Datassential’s surveys also found that casual and fine dining restaurants were perceived as the safest of many out-of-home experiences.
There can be little wonder getting out of the house and enjoying some food and drink would rate as the top choice. Everyone is surely watching some of the 100s of TV and internet food shows, yearning for some the food experiences they are seeing there. Although ‘eating in’ is the new lockdown ‘eating out,’ it doesn’t create the true restaurant-style eating experiences we have grown so used to.

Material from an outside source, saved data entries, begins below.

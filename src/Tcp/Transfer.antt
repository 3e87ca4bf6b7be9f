-- ===== src/Tcp/Transfer.antt =====
-- What the spout client sends, the drain server counts.
use dispatch_tester.Common.{
  ℕ, zero, suc, ◌+◌, ◌-◌, ◌≤◌, ◌<◌, ◌^◌, ◌≡◌, refl, List, [], ◌∷◌, ◌++◌, map, All, sum_of, ℤ, pos,
  Bool, false, u64, ap, arith,
}
use dispatch_tester.Proton.Clock.{Timespec, time}
use dispatch_tester.Tcp.{
  finished, close, shutdown_rd, shutdown_wr, shut_first, elapsed_msecs, report,
}
use dispatch_tester.Tcp.Spout.{request, piece, send_loop, connect_and_send, run_sender}
use dispatch_tester.Tcp.Drain.{Context, recv_loop, run}

abbrev pub total : List ℕ → ℕ
total = sum_of (λ n. n)

abbrev pub ArePositive : List ℕ → Type 0
ArePositive = All (λ n. 0 < n)

-- A socket that takes at least one octet of what it is given, and at most all of it.
abbrev pub IsSocket : (ℕ → ℕ → ℤ) → Type 0
IsSocket send = (k n : ℕ) → 0 < n → (m : ℕ) × (send k n ≡ pos m) × (0 < m) × (m ≤ n)

-- TCP keeps the octets and their number, and not where a piece ends.
pub record IsStream (carry : List ℕ → List ℕ) : Type 0 where
  pub positive : (ns : List ℕ) → ArePositive (carry ns)
  pub kept : (ns : List ℕ) → total (carry ns) ≡ total ns

-- What the receiver's calls answer: the pieces, and then the end of the stream.
abbrev pub answers : List ℕ → List ℤ
answers ns = map pos ns ++ pos 0 ∷ []

send_loop-total :
    (send : ℕ → ℕ → ℤ) (fuel k remaining : ℕ)
    → IsSocket send
    → remaining ≤ fuel
    → (ns : List ℕ) × (send_loop send fuel k remaining ≡ finished ns) × (total ns ≡ remaining)
unfolding send_loop
send_loop-total send fuel k zero law h = ([], ground arith, refl)
send_loop-total send zero k (suc remaining) law h = absurd (omega arith)
send_loop-total send (suc fuel) k (suc remaining) law h =
    let positive : 0 < request (suc remaining) = ground arith in
    let (m, took, some_octets, within) = law k (request (suc remaining)) positive in
    let (ns, run, sum) = send_loop-total send fuel (k + 1) (suc remaining - m) law (omega arith) in
    (m ∷ ns, (rw (took, send_loop) (ap (piece m) run)), (ground (arith, sum, within)))

recv_loop-counts :
    (ns : List ℕ) (rx_octets : ℕ)
    → ArePositive ns
    → rx_octets + total ns < 2 ^ 64
    → recv_loop (answers ns) rx_octets ≡ finished (rx_octets + total ns)
unfolding recv_loop
recv_loop-counts [] rx p h = ground arith
recv_loop-counts (zero ∷ ns) rx p h = absurd (omega (arith, p.0))
recv_loop-counts (suc n ∷ ns) rx p h = (ground (arith, recv_loop-counts ns (u64 (rx + suc n)) p.1))

-- Over a connected socket, not descriptor 0, that takes at least one octet of what it is given and
-- at most all, and a stream that keeps the number of octets and cuts them into pieces as it likes,
-- with clocks that can be read: the spout client sends an amount below 2^64 to its end, and it and
-- a thread of the drain server, whose set-up succeeds, both report exactly that amount in the time
-- that each has measured and close their sockets.
pub transfer :
    (send : ℕ → ℕ → ℤ) (carry : List ℕ → List ℕ) (amount sock : ℕ) (half_close : Bool)
    (context : Context) (start end start' end' : Timespec)
    → IsSocket send
    → IsStream carry
    → amount < 2 ^ 64
    → (ns : List ℕ) × (send_loop send amount 0 amount ≡ finished ns)
      × (connect_and_send send (pos (suc sock)) false (time start) (time end) amount half_close ≡ (
        close ∷ shut_first half_close shutdown_rd,
        finished (report amount (elapsed_msecs start end)),
      ))
      × (run context false (time start') (answers (carry ns)) (time end') ≡ (
        close ∷ shut_first context.half_close shutdown_wr,
        finished (report amount (elapsed_msecs start' end')),
      ))
unfolding connect_and_send run_sender run
transfer send carry amount sock half_close context start end start' end' law stream h =
    let (ns, sent, sum) = send_loop-total send amount 0 amount law (omega arith) in
    let kept : total (carry ns) ≡ amount = (omega (arith, stream.kept ns, sum)) in
    let counted : recv_loop (answers (carry ns)) 0 ≡ finished amount =
      (ground (arith, recv_loop-counts (carry ns) 0 (stream.positive ns), kept)) in
    (ns, sent, (rw (sent, connect_and_send, run_sender) refl), (rw (counted, run) refl))
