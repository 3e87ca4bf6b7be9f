-- ===== src/Tcp/Units.antt =====
-- What `humanize_rate` means, and the milliseconds that the rate is taken over.
use dispatch_tester.Common.{ap, ℕ, ◌+◌, ◌*◌, ◌^◌, ◌≤◌, ◌<◌, ◌≡◌, ◌⊎◌, inl, inr, pos, arith}
use native.Mathlib.Decide.{dec_lt}
use dispatch_tester.Proton.Clock.{Timespec, nsecs}
use dispatch_tester.Tcp.{Rate, elapsed_msecs, humanize_rate}

-- The milliseconds are the elapsed time to within one of them.
pub elapsed_msecs_bounds :
    (start end : Timespec) (d : ℕ)
    → elapsed_msecs start end ≡ pos d
    → (d * 1000000 + nsecs start < nsecs end + 1000000)
      × (nsecs end < d * 1000000 + nsecs start + 1000000)
unfolding elapsed_msecs
elapsed_msecs_bounds start end d e = ground arith

abbrev fraction : ℕ → ℕ → Rate
fraction n d = record { numerator = pos n; denominator = d }

-- Below 1024 of the largest unit the denominator is scaled to the unit that is reported.
pub humanize_rate_unit :
    (n d : ℕ)
    → n < d * 1024 ^ 5
    → let (unit, r) = humanize_rate (record { numerator = pos n; denominator = d }) in
      (r.numerator ≡ pos n)
      × (r.denominator ≡ d * 1024 ^ unit)
      × (n < 1024 * r.denominator)
      × ((unit ≡ 0) ⊎ (r.denominator ≤ n))
unfolding humanize_rate
humanize_rate_unit n d h = ground arith

-- Beyond that the rate is divided once more than the unit says.
pub humanize_rate_beyond :
    (n d : ℕ)
    → d * 1024 ^ 5 ≤ n
    → humanize_rate (record { numerator = pos n; denominator = d })
      ≡ (4, record { numerator = pos n; denominator = d * 1024 ^ 5 })
unfolding humanize_rate
humanize_rate_beyond n d h = ground arith

-- For a rate that is not negative, `humanize_rate` keeps the numerator; below 1024 of the largest
-- unit it divides by the power of 1024 that its unit stands for, the result is below 1024 and not
-- below 1 except in octets; beyond that it names the largest unit, the fourth power, but divides
-- by the fifth.
pub humanize_rate-cases :
    (n d : ℕ)
    → let (unit, r) = humanize_rate (record { numerator = pos n; denominator = d }) in
      (r.numerator ≡ pos n)
      × (((n < d * 1024 ^ 5)
            × (r.denominator ≡ d * 1024 ^ unit)
            × (n < 1024 * r.denominator)
            × ((unit ≡ 0) ⊎ (r.denominator ≤ n)))
          ⊎ ((d * 1024 ^ 5 ≤ n) × (unit ≡ 4) × (r.denominator ≡ d * 1024 ^ 5)))
humanize_rate-cases n d = elim (dec_lt n (d * 1024 ^ 5)) [
  | yes p ↦
      let (same, unit, below, above) = humanize_rate_unit n d p in
      (same, inl (p, unit, below, above))
  | no p ↦
      let all = humanize_rate_beyond n d (omega arith) in
      (
        ap (λ (x : ℕ × Rate). x.1.numerator) all,
        inr (
          omega arith,
          ap (λ (x : ℕ × Rate). x.0) all,
          ap (λ (x : ℕ × Rate). x.1.denominator) all,
        ),
      )
]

Food take-out and delivery can’t offer the same quality you get in a restaurant nor does it facilitate as great of a social experience as you get sitting around a table in a restaurant with family and friends. Eating is a biological need and we are hard-wired as a social species, so the combination of the two creates a strong draw to once again return to out-of-home dining experiences. It appears that socialization and craveability will be the primary drivers of peoples’ top choices when they do venture out of their homes. The entertainment venues that people will probably first seek post-lockdown will be the social eatertainment ones with great food and beverage offerings, the ones where you would choose to come for the food and drink and then maybe stay for the fun, the ones where the quality of the food and drink and the social experience truly act as the anchor attraction.